◆ Activity ◆
Would you transcribe the line that holds "empty h) [ ]" and all the lines below it, through the final one, exactly and with nothing else?

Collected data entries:
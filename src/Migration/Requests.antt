-- ===== src/Migration/Requests.antt =====
-- What the requests of scripts/migrate_queue_type.py do to the messages of two queues.
use flow_first.Base.{
  String, false, Option, none, some, List, [], ◌∷◌, ◌++◌, ◌≡◌, refl, sym, subst, ap, ◌∙◌, ◌⊎◌, inl,
  inr, arith, Member, here, later, Member.here, Member.later, eq_iff, ◌==◌,
}
use flow_first.Base.Dict.{get, put, pop, get-put, get-pop}
use flow_first.Migration.{Kind, Queue, Queues, first, append, tail, drop_first}

abbrev pub messages_of : Option Queue → List String
messages_of none = []
messages_of (some q) = q.messages

abbrev pub kind_of : Option Queue → Option Kind
kind_of none = none
kind_of (some q) = some q.kind

abbrev pub messages_in : Queues → String → List String
messages_in queues name = messages_of (get queues name)

abbrev pub kind_in : Queues → String → Option Kind
kind_in queues name = kind_of (get queues name)

module _ (name temp : String) where
  -- a message that is in one of the two queues
  abbrev pub Held : String → Queues → Type 0
  Held m queues = Member m (messages_in queues name) ⊎ Member m (messages_in queues temp)

  -- The two queues lose no message, and the other queues are as they were.
  abbrev pub Kept : Queues → Queues → Type 0
  Kept p q =
      ((m : String) → Held m p → Held m q)
      × ((k : String) → (name == k) ≡ false → (temp == k) ≡ false → get q k ≡ get p k)

  pub reflexive-Kept : (p : Queues) → Kept p p
  reflexive-Kept p = (λ m h. h, λ k h h'. refl)

  pub transitive-Kept : (p q r : Queues) → Kept p q → Kept q r → Kept p r
  transitive-Kept p q r h h' = (λ m held. h'.0 m (h.0 m held), λ k a b. h'.1 k a b ∙ h.1 k a b)

  pub same-Kept : (p q : Queues) → p ≡ q → Kept p q
  same-Kept p q e = rw (← e) (reflexive-Kept p)

swap-Held : (name temp m : String) (p : Queues) → Held name temp m p → Held temp name m p
swap-Held name temp m p (inl h) = inr h
swap-Held name temp m p (inr h) = inl h

pub swap-Kept : (name temp : String) (p q : Queues) → Kept name temp p q → Kept temp name p q
swap-Kept name temp p q h =
    (λ m held. swap-Held name temp m q (h.0 m (swap-Held temp name m p held)), λ k a b. h.1 k b a)

Member-append : (m : String) (xs ys : List String) → Member m xs → Member m (xs ++ ys)
Member-append m [] ys h = elim h [ ]
Member-append m (x ∷ xs) ys (here e) = here e
Member-append m (x ∷ xs) ys (later h) = later (Member-append m xs ys h)

pub Member-last : (m : String) (xs : List String) → Member m (xs ++ m ∷ [])
Member-last m [] = here refl
Member-last m (x ∷ xs) = later (Member-last m xs)

pub distinct-sym : (a b : String) → (a == b) ≡ false → (b == a) ≡ false
distinct-sym a b h = ground (arith, eq_iff a b, eq_iff b a)

module _ (source destination : String) (apart : (source == destination) ≡ false) where
  abbrev pub Both : Queues → Queues → Type 0
  Both p q = Kept source destination p q × (kind_in q destination ≡ kind_in p destination)

  -- a write to one queue leaves another as it was
  get-put_other :
      (p : Queues) (k j : String) (q : Queue) → (k == j) ≡ false → get (put p k q) j ≡ get p j
  get-put_other p k j q h = get-put p k j q ∙ rw h refl

  get-put_same : (p : Queues) (k : String) (q : Queue) → get (put p k q) k ≡ some q
  get-put_same p k q = get-put p k k q ∙ rw ((eq_iff k k).1 refl) refl

  pub source-append :
      (m : String) (p : Queues) (o : Option Queue)
      → get (append destination m o p).1 source ≡ get p source
  source-append m p none = refl
  source-append m p (some q) =
      get-put_other p destination source _ (distinct-sym source destination apart)

  pub destination-append :
      (m : String) (p : Queues) (o : Option Queue)
      → (append destination m o p).0 ≡ some tt
      → messages_in (append destination m o p).1 destination ≡ messages_of o ++ m ∷ []
  destination-append m p none h = ground arith
  destination-append m p (some q) h = ap messages_of (get-put_same p destination _)

  append-Both :
      (m : String) (p : Queues) (o : Option Queue)
      → get p destination ≡ o
      → Both p (append destination m o p).1
  append-Both m p none e = (reflexive-Kept source destination p, refl)
  append-Both m p (some q) e = (
    (
      λ n held. elim held [
        | inl h ↦ inl (subst (λ o. Member n (messages_of o)) (sym (source-append m p (some q))) h)
        | inr h ↦ inr (
            subst (λ o. Member n (messages_of o)) (sym (get-put_same p destination _))
              (Member-append n q.messages (m ∷ []) (subst (λ o. Member n (messages_of o)) e h)))
      ],
      λ k a b. get-put_other p destination k _ b,
    ),
    ap kind_of (get-put_same p destination _) ∙ sym (ap kind_of e),
  )

  pub publish-Both :
      (m : String) (p : Queues) → Both p (append destination m (get p destination) p).1
  publish-Both m p = append-Both m p (get p destination) refl

  -- the first message of the queue
  pub first-messages :
      (m : String) (o : Option Queue)
      → first o ≡ some (some m)
      → messages_of o ≡ m ∷ tail (messages_of o)
  first-messages m none h = ground arith
  first-messages m (some q) h = by_messages q.messages h
    where
      by_messages :
          (xs : List String)
          → some (elim xs [ [] ↦ none | x ∷ rest ↦ some x ]) ≡ some (some m)
          → xs ≡ m ∷ tail xs
      by_messages [] h = ground arith
      by_messages (x ∷ rest) h = ground arith

  pub first-none : (o : Option Queue) → first o ≡ some none → messages_of o ≡ []
  first-none none h = refl
  first-none (some q) h = by_messages q.messages h
    where
      by_messages :
          (xs : List String)
          → some (elim xs [ [] ↦ none | x ∷ rest ↦ some x ]) ≡ some none
          → xs ≡ []
      by_messages [] h = refl
      by_messages (x ∷ rest) h = ground arith

  pub source-drop_first :
      (p : Queues) (o : Option Queue)
      → get p source ≡ o
      → messages_in (drop_first source o p) source ≡ tail (messages_of o)
  source-drop_first p none e = ap messages_of e
  source-drop_first p (some q) e = ap messages_of (get-put_same p source _)

  pub other-drop_first :
      (p : Queues) (o : Option Queue) (k : String)
      → (source == k) ≡ false
      → get (drop_first source o p) k ≡ get p k
  other-drop_first p none k h = refl
  other-drop_first p (some q) k h = get-put_other p source k _ h

  pub Member-tail :
      (m n : String) (xs : List String)
      → xs ≡ m ∷ tail xs
      → Member n xs
      → (n ≡ m) ⊎ Member n (tail xs)
  Member-tail m n [] e h = elim h [ ]
  Member-tail m n (x ∷ xs) e (here h) = inl (ground arith)
  Member-tail m n (x ∷ xs) e (later h) = inr h

  -- The acknowledgement of a message of which the destination has the copy.
  pub ack-Both :
      (m : String) (p : Queues)
      → messages_in p source ≡ m ∷ tail (messages_in p source)
      → Member m (messages_in p destination)
      → Both p (drop_first source (get p source) p)
  ack-Both m p head copy = (
    (
      λ n held. elim held [
        | inl h ↦ elim (Member-tail m n (messages_in p source) head h) [
          | inl e ↦
              inr
                (in_destination n (subst (λ x. Member x (messages_in p destination)) (sym e) copy))
          | inr t ↦
              inl (subst (λ xs. Member n xs) (sym (source-drop_first p (get p source) refl)) t)
        ]
        | inr h ↦ inr (in_destination n h)
      ],
      λ k a b. other-drop_first p (get p source) k a,
    ),
    ap kind_of (other-drop_first p (get p source) destination apart),
  )
    where
      in_destination :
          (n : String)
          → Member n (messages_in p destination)
          → Member n (messages_in (drop_first source (get p source) p) destination)
      in_destination n h =
          subst (λ o. Member n (messages_of o))
            (sym (other-drop_first p (get p source) destination apart)) h

  pub get-pop_other :
      (p : Queues) (k : String) → (source == k) ≡ false → get (pop p source) k ≡ get p k
  get-pop_other p k h = get-pop p source k ∙ rw h refl

  -- the deletion of a queue with no message
  pub pop-Both : (p : Queues) → messages_in p source ≡ [] → Both p (pop p source)
  pop-Both p empty = (
    (
      λ n held. elim held [
        | inl h ↦ elim (subst (λ xs. Member n xs) empty h) [ ]
        | inr h ↦
            inr (subst (λ o. Member n (messages_of o)) (sym (get-pop_other p destination apart)) h)
      ],
      λ k a b. get-pop_other p k a,
    ),
    ap kind_of (get-pop_other p destination apart),
  )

◆ Completed exercise ◆
        | inl h ↦ elim (subst (λ xs. Member n xs) empty h) [ ]
        | inr h ↦
            inr (subst (λ o. Member n (messages_of o)) (sym (get-pop_other p destination apart)) h)
      ],
      λ k a b. get-pop_other p k a,
    ),
    ap kind_of (get-pop_other p destination apart),
  )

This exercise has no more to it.